◆ What is being asked: For the data below, count the lines that have the string "others" and state that number by itself.

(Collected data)
◇ ◇ ◇ ◇ ◇ ◇ ◇
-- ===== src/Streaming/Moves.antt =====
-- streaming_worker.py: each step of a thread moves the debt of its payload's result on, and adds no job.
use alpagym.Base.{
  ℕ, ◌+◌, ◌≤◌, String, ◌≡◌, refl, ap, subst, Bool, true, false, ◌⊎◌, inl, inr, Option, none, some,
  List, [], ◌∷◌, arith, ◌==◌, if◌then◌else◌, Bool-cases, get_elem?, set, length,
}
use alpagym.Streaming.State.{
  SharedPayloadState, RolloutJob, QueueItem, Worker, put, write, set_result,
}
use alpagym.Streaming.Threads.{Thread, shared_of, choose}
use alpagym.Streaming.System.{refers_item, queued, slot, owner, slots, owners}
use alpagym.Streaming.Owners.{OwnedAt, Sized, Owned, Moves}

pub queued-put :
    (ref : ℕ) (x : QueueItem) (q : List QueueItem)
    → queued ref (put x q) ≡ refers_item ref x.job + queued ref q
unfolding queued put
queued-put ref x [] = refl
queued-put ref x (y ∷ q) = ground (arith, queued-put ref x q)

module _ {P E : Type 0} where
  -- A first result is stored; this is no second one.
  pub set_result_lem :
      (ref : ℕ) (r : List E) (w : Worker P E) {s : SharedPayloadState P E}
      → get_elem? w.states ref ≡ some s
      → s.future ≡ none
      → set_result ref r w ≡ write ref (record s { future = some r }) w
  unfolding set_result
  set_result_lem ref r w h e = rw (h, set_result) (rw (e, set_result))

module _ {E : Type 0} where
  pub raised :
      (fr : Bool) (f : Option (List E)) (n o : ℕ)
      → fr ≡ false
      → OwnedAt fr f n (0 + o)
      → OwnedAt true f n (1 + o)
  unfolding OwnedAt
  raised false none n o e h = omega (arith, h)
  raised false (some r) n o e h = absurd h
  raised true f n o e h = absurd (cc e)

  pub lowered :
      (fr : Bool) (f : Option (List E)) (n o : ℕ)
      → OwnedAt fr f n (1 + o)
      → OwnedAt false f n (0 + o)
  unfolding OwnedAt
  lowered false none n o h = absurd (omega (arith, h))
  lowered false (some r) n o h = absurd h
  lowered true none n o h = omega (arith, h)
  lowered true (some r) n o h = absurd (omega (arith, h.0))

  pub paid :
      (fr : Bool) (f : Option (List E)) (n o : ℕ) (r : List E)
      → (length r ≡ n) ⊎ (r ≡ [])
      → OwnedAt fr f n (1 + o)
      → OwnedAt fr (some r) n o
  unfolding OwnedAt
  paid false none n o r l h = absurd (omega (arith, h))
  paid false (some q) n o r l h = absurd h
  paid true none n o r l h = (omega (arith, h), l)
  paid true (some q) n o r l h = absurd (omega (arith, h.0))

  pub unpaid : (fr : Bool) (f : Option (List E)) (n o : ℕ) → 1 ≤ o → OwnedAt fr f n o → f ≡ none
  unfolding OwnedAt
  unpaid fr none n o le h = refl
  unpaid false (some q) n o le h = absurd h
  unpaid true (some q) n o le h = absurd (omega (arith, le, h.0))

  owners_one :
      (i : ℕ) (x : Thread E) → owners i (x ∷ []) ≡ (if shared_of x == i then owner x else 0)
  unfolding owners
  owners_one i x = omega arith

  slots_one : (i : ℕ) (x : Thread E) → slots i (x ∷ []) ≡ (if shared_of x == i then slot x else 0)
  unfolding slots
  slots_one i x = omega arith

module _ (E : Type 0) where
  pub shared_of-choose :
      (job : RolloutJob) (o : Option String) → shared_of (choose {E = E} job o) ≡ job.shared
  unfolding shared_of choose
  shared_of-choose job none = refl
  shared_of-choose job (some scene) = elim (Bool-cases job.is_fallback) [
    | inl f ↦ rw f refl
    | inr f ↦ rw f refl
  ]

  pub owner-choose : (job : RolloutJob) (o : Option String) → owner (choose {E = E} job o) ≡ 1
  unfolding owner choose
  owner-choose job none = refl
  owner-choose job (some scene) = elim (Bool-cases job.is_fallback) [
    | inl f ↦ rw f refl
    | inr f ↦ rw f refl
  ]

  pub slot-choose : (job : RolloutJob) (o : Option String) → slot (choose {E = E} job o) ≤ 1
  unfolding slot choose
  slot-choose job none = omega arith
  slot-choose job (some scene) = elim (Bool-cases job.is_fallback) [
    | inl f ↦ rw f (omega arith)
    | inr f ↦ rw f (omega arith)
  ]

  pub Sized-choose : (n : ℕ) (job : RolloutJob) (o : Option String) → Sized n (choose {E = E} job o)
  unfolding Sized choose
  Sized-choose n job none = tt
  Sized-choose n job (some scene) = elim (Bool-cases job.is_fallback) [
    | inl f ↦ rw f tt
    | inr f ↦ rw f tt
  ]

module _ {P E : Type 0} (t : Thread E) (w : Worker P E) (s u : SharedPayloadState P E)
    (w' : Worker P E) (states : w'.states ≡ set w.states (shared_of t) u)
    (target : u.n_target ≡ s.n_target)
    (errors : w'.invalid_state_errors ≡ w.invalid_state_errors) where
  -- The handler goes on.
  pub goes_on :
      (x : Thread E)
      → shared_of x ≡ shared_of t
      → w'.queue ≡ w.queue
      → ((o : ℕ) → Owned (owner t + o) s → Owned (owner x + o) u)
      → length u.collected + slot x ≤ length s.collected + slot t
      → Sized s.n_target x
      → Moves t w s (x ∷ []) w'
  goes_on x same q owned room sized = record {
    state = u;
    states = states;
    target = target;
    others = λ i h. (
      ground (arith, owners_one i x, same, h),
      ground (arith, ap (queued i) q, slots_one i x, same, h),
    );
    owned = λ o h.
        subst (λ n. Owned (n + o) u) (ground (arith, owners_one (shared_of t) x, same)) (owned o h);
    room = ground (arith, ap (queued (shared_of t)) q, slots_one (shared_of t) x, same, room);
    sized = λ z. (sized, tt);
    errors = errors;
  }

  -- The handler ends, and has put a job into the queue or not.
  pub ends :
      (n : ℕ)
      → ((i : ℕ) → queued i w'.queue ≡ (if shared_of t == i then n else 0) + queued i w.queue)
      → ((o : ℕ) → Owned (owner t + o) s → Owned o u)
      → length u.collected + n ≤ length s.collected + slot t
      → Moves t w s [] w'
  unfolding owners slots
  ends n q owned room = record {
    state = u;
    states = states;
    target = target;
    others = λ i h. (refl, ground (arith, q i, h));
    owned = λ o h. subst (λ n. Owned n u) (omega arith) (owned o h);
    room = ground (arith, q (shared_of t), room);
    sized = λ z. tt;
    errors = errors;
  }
◇ ◇ ◇ ◇ ◇ ◇ ◇
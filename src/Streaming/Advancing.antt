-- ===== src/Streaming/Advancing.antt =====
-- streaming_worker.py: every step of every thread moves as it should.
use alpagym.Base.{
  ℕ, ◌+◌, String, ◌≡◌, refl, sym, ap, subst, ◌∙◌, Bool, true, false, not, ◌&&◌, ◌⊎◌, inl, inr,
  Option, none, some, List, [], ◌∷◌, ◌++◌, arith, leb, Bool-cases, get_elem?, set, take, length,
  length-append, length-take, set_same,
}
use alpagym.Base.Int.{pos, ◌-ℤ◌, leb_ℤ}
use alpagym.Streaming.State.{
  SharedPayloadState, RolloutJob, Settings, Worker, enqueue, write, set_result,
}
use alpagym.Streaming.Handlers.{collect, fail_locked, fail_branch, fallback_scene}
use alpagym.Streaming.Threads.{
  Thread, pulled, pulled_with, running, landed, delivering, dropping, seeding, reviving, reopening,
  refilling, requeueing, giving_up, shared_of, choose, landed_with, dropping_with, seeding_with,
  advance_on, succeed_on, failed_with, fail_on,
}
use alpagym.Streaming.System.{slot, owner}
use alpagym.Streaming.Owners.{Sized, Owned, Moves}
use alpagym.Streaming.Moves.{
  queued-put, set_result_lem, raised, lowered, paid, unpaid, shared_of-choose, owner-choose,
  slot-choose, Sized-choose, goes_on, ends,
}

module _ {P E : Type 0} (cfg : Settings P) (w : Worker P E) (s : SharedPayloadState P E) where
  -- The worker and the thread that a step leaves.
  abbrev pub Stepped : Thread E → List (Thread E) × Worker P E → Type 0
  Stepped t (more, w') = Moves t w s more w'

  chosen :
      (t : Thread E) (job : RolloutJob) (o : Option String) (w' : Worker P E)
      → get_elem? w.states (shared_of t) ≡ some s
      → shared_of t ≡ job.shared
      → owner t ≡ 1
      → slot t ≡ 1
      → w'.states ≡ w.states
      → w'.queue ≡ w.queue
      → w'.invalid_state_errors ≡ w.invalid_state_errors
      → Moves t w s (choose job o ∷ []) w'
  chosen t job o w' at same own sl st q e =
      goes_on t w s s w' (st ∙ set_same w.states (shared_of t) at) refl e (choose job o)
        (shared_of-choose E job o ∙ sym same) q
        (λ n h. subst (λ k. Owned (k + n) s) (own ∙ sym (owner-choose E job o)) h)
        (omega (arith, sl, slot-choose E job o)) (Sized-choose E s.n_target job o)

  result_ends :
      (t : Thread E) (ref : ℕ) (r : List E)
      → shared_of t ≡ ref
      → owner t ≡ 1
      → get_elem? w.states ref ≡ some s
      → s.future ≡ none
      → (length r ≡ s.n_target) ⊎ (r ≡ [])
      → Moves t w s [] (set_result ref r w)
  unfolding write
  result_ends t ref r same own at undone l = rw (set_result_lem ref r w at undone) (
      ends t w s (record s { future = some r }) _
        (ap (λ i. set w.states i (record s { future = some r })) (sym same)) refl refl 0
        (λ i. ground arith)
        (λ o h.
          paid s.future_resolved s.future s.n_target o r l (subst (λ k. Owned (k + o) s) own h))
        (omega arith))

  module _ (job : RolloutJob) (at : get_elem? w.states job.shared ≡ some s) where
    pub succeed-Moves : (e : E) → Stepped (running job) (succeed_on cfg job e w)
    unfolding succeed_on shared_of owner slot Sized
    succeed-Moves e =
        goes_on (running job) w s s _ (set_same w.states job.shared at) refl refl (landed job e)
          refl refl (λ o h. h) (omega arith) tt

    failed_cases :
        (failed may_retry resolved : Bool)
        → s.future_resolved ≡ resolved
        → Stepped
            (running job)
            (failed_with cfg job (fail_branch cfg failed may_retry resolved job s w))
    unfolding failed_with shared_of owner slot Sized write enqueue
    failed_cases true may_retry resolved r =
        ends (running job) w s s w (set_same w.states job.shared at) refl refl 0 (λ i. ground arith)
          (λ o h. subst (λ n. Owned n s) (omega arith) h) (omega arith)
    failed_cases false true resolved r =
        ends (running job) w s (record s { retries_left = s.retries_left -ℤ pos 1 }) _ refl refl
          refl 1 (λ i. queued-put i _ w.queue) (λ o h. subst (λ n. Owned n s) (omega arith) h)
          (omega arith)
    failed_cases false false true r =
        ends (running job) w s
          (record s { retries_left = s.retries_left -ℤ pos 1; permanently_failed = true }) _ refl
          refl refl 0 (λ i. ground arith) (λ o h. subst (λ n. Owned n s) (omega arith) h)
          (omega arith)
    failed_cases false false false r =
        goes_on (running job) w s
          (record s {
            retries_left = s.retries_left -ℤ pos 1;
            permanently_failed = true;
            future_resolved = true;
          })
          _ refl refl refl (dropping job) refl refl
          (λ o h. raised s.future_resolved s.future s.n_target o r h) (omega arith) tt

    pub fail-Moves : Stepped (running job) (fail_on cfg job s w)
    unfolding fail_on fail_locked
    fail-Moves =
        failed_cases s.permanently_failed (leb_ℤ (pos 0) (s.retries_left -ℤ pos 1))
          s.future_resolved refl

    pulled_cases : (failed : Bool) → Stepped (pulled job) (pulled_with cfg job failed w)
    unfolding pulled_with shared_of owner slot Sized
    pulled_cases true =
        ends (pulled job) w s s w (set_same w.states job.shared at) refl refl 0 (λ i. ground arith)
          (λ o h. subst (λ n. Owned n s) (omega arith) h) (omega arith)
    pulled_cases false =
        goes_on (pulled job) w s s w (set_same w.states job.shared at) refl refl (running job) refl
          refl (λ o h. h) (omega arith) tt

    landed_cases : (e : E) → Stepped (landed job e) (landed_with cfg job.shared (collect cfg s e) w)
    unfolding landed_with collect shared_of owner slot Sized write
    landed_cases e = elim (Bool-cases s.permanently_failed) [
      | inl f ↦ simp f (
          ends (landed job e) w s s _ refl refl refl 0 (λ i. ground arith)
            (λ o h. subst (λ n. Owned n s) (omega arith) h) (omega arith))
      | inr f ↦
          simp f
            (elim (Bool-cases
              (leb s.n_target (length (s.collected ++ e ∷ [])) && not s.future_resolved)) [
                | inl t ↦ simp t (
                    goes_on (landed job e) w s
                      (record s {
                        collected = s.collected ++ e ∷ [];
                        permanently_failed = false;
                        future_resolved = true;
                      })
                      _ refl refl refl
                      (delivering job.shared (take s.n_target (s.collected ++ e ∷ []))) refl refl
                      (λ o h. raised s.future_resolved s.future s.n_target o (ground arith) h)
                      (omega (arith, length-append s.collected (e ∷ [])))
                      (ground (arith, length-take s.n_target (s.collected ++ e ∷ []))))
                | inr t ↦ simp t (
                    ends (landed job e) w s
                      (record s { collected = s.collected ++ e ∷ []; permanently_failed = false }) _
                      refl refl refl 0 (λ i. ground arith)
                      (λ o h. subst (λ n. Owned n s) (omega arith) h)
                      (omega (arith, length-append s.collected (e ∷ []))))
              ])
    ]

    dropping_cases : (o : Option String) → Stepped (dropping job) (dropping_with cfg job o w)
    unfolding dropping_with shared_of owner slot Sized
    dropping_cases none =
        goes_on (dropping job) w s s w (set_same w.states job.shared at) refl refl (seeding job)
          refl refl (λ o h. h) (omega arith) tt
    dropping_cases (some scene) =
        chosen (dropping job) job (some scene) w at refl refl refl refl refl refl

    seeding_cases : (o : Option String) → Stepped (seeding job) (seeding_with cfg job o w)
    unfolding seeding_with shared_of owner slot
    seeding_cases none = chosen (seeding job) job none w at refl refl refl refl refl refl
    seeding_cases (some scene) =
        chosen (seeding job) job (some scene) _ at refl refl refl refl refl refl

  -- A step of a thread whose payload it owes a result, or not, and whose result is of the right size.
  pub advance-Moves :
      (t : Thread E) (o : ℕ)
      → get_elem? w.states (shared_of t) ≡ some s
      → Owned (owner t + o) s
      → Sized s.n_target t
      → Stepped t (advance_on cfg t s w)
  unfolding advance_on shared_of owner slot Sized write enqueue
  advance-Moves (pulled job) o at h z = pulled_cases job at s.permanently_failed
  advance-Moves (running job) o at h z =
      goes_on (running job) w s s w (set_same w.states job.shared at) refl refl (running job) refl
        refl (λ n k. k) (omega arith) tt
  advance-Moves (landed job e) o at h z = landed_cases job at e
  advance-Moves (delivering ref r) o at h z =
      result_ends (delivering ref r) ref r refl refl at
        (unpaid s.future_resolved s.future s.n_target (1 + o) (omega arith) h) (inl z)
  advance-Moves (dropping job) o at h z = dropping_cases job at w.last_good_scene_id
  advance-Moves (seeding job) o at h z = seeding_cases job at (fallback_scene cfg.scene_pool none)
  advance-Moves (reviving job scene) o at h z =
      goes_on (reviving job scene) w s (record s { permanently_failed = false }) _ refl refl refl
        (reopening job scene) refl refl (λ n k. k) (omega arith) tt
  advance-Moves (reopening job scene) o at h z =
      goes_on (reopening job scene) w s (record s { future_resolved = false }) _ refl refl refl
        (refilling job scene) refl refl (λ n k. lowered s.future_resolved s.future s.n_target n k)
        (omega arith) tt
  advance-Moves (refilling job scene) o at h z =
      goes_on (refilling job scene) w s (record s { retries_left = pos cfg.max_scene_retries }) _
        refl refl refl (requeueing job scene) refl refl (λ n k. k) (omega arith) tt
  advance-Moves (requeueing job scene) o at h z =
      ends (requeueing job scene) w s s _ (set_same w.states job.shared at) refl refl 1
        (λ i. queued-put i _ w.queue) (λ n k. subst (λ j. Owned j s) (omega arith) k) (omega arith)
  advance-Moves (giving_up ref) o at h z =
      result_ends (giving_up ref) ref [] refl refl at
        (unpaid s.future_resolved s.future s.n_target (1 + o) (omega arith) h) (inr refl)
◇ ◇ ◇ ◇ ◇ ◇ ◇
◆ Answer section: 2